▸ **Task statement**
For each line of the data below, copy it if it holds the word "PriceChange".

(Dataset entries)

^^^^^^^^^^^^^^^^

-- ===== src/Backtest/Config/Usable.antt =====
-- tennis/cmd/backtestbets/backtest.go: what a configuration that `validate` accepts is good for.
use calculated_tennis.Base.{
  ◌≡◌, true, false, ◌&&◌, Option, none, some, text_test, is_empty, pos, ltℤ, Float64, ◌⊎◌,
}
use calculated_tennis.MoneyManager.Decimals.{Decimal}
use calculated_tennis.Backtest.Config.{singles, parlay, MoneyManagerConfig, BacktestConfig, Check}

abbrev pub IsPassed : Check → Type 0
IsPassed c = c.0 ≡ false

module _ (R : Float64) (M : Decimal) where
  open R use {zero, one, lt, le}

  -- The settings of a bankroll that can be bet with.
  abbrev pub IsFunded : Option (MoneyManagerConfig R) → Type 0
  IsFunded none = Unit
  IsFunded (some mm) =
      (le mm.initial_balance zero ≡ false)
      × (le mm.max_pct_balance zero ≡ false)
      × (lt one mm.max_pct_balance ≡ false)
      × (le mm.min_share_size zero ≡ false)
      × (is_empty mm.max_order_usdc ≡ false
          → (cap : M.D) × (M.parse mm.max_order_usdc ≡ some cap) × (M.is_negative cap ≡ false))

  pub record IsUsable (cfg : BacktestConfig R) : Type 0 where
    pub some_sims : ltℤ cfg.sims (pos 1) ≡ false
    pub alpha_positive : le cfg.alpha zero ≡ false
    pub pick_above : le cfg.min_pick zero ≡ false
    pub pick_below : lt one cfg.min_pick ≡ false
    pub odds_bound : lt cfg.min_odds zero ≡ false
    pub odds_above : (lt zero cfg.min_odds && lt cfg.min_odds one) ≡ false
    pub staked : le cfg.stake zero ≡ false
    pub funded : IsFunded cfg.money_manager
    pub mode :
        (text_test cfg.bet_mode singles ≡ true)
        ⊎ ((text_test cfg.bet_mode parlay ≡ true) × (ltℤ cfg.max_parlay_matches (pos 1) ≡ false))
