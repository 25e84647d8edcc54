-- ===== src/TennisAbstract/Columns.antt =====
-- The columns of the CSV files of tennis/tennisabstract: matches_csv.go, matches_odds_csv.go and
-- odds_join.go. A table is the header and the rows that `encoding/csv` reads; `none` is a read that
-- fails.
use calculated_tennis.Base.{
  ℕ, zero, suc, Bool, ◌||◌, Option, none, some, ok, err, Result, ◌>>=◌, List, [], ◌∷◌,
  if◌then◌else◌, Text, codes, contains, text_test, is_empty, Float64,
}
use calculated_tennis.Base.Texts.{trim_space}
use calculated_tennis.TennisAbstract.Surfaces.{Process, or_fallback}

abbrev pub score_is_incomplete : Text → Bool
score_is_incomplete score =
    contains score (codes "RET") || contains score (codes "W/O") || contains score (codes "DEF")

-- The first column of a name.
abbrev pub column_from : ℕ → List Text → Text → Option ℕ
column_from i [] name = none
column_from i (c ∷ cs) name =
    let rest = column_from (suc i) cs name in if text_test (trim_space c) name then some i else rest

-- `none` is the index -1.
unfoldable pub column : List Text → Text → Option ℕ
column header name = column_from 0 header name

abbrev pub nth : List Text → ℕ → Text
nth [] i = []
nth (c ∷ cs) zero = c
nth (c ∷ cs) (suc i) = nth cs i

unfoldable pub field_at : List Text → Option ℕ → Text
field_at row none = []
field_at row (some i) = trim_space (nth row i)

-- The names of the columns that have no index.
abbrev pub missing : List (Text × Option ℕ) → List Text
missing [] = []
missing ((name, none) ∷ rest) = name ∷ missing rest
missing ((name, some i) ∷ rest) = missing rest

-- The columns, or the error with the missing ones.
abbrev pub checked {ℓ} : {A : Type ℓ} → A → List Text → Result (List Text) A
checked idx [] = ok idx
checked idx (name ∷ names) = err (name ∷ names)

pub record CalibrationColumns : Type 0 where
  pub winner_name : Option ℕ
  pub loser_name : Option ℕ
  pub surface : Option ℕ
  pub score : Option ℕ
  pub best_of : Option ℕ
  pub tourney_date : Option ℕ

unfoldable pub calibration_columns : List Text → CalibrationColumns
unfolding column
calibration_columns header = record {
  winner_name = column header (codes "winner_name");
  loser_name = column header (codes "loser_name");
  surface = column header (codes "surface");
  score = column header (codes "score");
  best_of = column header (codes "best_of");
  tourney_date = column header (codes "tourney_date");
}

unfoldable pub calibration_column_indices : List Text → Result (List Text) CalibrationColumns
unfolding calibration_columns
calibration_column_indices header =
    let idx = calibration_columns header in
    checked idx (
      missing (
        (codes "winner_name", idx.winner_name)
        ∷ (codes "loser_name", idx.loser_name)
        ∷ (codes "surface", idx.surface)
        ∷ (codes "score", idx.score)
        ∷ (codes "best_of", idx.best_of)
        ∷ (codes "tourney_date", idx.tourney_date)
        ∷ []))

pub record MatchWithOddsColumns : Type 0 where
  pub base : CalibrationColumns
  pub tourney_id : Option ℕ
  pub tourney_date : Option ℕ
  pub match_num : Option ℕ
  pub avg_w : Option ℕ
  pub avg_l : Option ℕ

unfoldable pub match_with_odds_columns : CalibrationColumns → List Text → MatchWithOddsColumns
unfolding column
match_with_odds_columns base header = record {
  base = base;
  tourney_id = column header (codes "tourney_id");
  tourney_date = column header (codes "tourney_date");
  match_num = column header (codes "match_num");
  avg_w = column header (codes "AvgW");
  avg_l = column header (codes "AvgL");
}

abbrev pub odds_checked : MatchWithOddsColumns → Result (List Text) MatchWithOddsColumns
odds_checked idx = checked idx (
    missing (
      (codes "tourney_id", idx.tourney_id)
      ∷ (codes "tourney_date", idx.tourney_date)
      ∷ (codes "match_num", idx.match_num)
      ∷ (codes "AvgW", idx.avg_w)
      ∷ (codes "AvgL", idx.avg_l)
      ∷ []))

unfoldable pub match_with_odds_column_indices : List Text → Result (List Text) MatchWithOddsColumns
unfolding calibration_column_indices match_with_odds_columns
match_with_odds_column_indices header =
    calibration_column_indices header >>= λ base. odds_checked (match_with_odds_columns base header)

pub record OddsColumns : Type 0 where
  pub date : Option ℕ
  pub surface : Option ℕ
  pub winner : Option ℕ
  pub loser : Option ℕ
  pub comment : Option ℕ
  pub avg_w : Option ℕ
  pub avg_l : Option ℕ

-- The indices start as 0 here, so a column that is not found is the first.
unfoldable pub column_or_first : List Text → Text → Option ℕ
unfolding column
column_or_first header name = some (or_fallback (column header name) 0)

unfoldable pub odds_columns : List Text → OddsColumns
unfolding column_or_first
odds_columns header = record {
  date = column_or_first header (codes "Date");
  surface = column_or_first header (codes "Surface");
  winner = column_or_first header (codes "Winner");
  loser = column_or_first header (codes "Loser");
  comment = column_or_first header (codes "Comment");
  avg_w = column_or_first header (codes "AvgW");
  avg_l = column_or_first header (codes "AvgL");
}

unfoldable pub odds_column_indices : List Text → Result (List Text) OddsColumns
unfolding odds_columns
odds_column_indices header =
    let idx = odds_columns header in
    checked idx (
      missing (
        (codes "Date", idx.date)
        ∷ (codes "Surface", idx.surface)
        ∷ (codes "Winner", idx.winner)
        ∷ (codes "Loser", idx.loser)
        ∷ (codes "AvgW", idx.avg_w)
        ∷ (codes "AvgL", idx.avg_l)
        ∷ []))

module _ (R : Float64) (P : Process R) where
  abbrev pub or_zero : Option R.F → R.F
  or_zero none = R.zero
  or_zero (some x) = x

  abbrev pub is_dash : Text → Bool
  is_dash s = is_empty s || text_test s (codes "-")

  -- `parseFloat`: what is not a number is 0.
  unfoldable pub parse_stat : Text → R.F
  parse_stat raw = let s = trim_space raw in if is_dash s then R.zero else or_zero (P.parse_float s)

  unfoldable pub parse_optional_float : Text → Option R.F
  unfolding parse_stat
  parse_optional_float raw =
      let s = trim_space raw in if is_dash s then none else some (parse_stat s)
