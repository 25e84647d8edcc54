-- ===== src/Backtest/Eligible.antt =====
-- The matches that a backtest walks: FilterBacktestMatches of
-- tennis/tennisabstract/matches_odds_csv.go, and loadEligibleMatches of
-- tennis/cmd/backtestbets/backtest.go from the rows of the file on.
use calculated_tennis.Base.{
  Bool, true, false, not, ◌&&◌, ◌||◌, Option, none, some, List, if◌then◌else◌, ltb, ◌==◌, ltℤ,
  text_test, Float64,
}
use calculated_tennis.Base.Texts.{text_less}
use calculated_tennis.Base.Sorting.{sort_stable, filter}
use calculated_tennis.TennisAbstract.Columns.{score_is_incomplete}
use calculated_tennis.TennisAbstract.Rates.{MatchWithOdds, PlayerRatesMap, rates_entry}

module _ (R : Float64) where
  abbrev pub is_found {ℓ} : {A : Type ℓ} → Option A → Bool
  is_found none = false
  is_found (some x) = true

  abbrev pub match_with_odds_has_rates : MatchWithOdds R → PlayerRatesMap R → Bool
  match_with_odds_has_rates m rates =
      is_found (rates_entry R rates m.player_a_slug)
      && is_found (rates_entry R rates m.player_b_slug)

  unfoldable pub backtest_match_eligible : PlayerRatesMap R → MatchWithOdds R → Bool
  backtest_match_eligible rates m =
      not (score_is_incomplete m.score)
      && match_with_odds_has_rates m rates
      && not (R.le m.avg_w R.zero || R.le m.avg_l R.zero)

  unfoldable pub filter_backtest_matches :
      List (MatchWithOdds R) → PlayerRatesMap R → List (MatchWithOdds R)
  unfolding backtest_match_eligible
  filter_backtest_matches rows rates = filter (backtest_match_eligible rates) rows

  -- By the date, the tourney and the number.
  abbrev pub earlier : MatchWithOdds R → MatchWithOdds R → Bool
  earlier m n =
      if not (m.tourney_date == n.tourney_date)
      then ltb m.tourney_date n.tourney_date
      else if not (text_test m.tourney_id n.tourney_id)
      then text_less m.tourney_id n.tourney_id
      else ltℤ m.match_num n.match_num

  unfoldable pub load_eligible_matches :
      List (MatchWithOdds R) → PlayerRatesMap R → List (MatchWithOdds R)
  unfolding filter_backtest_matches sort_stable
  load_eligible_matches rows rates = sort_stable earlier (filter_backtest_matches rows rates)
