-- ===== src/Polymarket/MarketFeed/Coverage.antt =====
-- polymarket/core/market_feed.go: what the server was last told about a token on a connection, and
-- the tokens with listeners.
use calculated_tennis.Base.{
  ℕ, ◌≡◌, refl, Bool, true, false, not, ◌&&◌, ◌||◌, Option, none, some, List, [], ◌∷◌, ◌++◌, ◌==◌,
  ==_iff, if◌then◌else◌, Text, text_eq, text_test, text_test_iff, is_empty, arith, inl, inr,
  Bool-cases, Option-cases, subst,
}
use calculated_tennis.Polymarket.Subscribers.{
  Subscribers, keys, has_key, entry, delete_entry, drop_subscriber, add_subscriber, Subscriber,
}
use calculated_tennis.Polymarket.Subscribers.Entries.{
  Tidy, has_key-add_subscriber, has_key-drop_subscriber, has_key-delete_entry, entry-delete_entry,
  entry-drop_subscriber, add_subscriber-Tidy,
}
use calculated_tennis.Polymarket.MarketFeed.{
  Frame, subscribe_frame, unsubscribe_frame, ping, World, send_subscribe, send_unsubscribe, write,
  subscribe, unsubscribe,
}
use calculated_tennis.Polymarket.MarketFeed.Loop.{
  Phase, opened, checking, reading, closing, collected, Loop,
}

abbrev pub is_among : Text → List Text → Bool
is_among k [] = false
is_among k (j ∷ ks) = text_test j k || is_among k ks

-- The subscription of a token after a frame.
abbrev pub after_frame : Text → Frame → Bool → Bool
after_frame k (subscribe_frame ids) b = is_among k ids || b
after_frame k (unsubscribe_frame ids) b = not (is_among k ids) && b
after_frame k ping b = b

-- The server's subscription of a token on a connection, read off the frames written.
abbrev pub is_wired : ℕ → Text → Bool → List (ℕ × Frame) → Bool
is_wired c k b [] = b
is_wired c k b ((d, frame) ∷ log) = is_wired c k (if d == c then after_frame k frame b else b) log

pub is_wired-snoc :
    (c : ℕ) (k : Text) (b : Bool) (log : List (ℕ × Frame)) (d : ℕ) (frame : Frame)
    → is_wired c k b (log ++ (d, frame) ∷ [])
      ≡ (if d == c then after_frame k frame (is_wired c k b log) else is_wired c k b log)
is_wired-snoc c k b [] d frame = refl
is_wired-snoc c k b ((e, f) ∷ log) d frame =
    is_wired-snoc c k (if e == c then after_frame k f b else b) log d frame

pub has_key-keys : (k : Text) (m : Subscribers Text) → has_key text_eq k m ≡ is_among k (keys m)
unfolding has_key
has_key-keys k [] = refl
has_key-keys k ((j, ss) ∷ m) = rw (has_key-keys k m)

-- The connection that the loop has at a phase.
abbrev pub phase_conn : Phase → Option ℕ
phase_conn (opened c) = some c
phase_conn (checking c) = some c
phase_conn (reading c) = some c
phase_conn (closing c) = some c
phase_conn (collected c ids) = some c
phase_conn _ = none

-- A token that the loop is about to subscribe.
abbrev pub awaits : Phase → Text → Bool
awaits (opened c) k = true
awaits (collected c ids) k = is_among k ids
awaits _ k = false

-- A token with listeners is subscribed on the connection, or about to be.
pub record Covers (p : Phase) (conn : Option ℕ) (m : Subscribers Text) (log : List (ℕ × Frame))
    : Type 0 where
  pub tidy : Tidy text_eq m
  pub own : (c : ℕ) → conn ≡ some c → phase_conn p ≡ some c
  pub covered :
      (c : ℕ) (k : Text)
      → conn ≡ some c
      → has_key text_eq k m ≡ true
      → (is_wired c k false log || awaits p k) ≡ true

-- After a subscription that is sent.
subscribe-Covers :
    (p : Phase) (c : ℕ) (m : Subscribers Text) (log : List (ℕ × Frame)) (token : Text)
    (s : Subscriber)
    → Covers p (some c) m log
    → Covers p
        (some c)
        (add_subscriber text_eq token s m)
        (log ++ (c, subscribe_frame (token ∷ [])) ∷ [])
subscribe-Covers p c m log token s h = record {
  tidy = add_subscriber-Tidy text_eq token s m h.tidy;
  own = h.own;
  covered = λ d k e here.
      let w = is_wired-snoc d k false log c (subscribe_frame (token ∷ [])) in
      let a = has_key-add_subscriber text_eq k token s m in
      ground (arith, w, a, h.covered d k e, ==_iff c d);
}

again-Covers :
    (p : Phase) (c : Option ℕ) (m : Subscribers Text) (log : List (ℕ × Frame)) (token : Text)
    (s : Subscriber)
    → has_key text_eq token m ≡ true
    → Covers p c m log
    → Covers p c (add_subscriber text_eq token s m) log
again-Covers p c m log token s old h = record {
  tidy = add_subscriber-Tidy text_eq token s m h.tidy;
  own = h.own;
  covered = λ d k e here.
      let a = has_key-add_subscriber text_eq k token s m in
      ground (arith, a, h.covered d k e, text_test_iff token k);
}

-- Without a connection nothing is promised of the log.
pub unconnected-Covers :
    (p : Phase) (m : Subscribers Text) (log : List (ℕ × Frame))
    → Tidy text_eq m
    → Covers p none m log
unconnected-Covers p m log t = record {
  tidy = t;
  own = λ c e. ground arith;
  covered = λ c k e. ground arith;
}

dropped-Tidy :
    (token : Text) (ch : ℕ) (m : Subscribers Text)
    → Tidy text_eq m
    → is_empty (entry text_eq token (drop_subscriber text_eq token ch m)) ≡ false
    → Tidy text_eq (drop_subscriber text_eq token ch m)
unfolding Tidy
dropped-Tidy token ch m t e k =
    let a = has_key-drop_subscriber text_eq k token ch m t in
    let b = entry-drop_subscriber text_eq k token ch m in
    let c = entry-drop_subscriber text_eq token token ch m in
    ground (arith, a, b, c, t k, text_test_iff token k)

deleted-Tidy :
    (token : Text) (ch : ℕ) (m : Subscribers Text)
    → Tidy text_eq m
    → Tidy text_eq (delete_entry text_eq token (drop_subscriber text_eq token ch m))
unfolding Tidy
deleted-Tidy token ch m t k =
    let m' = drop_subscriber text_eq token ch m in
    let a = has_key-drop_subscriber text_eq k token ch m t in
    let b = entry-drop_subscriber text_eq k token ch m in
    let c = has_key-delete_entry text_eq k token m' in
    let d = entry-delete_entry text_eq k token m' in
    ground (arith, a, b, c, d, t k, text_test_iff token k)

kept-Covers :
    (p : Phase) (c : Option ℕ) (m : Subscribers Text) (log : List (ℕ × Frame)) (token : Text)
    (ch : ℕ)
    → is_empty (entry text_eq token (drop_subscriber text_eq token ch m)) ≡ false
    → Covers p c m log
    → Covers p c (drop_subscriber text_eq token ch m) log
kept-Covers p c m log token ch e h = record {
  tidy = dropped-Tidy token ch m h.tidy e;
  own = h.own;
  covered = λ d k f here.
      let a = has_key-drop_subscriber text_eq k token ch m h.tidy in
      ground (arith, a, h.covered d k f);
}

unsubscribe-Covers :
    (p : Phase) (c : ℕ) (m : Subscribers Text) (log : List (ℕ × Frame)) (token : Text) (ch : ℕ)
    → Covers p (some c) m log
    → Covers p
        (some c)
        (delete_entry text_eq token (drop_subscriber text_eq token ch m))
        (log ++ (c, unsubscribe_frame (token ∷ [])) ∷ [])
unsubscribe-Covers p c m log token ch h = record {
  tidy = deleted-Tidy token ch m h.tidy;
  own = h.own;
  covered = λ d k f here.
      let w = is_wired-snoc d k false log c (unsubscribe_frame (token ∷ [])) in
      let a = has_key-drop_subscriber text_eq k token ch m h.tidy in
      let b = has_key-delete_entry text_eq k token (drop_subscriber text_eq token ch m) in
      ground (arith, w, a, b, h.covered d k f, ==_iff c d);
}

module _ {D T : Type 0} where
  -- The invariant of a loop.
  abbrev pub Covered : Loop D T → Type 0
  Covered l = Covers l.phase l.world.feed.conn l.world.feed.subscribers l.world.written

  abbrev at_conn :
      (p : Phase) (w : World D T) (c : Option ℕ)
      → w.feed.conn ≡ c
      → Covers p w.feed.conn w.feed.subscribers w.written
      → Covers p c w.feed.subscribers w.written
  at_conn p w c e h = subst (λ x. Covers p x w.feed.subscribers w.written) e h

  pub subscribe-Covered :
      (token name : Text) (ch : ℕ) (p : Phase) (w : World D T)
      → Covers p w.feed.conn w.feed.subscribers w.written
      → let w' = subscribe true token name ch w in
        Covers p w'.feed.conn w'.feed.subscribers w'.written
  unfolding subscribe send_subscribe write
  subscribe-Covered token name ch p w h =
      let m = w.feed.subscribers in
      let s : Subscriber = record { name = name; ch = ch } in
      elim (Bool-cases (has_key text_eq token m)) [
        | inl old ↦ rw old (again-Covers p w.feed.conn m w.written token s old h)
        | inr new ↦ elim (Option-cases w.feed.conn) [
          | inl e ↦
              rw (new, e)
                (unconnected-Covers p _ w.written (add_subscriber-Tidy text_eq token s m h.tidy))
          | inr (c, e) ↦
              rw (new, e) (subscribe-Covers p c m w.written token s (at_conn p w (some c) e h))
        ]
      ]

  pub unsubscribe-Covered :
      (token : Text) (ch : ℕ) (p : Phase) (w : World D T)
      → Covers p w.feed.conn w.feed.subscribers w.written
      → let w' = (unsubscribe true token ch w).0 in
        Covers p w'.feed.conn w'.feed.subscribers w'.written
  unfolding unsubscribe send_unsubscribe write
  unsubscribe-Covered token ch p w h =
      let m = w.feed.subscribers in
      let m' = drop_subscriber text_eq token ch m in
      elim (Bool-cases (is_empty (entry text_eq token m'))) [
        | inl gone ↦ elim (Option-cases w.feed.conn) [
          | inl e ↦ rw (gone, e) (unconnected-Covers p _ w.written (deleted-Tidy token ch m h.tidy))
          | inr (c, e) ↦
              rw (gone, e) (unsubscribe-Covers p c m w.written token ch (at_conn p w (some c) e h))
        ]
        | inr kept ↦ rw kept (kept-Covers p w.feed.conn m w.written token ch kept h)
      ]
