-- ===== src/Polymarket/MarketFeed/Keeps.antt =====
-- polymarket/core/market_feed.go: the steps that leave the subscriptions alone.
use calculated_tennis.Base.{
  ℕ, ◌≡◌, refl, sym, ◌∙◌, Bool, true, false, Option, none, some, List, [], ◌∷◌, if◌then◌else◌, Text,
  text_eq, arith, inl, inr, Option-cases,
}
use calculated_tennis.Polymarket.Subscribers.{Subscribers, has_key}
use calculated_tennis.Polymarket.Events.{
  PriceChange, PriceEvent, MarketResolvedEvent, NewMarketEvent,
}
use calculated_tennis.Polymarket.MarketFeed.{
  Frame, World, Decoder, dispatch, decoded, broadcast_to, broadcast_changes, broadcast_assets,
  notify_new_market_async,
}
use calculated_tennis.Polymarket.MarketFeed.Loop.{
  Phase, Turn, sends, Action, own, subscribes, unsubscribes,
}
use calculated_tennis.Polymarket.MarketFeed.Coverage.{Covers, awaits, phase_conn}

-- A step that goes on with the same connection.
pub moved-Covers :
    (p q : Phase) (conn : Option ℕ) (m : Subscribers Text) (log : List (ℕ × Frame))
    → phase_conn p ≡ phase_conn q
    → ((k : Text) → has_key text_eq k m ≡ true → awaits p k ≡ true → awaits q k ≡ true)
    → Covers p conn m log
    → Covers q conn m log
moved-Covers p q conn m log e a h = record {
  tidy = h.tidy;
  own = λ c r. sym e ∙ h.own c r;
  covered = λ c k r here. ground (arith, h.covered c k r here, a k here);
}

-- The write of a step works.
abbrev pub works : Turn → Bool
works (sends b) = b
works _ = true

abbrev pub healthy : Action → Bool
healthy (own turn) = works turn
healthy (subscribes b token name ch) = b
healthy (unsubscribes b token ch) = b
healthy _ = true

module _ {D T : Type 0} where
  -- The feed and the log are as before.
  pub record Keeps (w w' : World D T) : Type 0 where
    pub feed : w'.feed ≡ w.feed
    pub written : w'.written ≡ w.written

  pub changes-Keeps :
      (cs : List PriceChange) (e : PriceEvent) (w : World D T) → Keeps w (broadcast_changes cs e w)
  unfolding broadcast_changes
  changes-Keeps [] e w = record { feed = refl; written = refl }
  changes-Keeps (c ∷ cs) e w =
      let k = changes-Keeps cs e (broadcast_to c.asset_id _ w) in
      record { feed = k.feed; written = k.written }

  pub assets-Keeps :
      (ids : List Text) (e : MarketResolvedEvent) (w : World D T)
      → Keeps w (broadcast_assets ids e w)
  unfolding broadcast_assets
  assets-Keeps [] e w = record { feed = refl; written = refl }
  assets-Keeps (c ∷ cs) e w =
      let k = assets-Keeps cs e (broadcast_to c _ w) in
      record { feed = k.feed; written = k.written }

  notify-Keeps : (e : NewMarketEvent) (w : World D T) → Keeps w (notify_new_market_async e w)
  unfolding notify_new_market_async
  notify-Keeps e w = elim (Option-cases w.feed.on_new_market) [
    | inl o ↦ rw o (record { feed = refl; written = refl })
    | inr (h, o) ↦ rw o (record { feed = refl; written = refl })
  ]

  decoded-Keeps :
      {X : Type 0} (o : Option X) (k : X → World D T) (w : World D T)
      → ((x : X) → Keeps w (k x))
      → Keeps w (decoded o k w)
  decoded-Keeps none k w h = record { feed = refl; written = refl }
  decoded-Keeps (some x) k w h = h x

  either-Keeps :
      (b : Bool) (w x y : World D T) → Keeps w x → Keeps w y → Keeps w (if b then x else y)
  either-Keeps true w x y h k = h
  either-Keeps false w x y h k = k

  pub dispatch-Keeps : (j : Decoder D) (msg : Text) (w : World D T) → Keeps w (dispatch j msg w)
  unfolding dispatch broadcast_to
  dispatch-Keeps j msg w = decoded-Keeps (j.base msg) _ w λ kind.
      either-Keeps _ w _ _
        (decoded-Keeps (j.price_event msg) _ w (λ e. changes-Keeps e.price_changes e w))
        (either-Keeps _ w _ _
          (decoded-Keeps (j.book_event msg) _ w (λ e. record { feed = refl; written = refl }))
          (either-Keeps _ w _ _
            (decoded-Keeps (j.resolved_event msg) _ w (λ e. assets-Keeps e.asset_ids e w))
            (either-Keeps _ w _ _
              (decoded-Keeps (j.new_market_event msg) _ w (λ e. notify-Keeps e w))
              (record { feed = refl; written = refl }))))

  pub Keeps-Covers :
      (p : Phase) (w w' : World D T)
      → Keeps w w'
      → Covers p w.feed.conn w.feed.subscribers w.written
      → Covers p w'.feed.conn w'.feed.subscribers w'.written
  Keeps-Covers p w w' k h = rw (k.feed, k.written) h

^^^^^^^^^^^^^^^^

▸ **Problem solution**
  PriceChange, PriceEvent, MarketResolvedEvent, NewMarketEvent,
      (cs : List PriceChange) (e : PriceEvent) (w : World D T) → Keeps w (broadcast_changes cs e w)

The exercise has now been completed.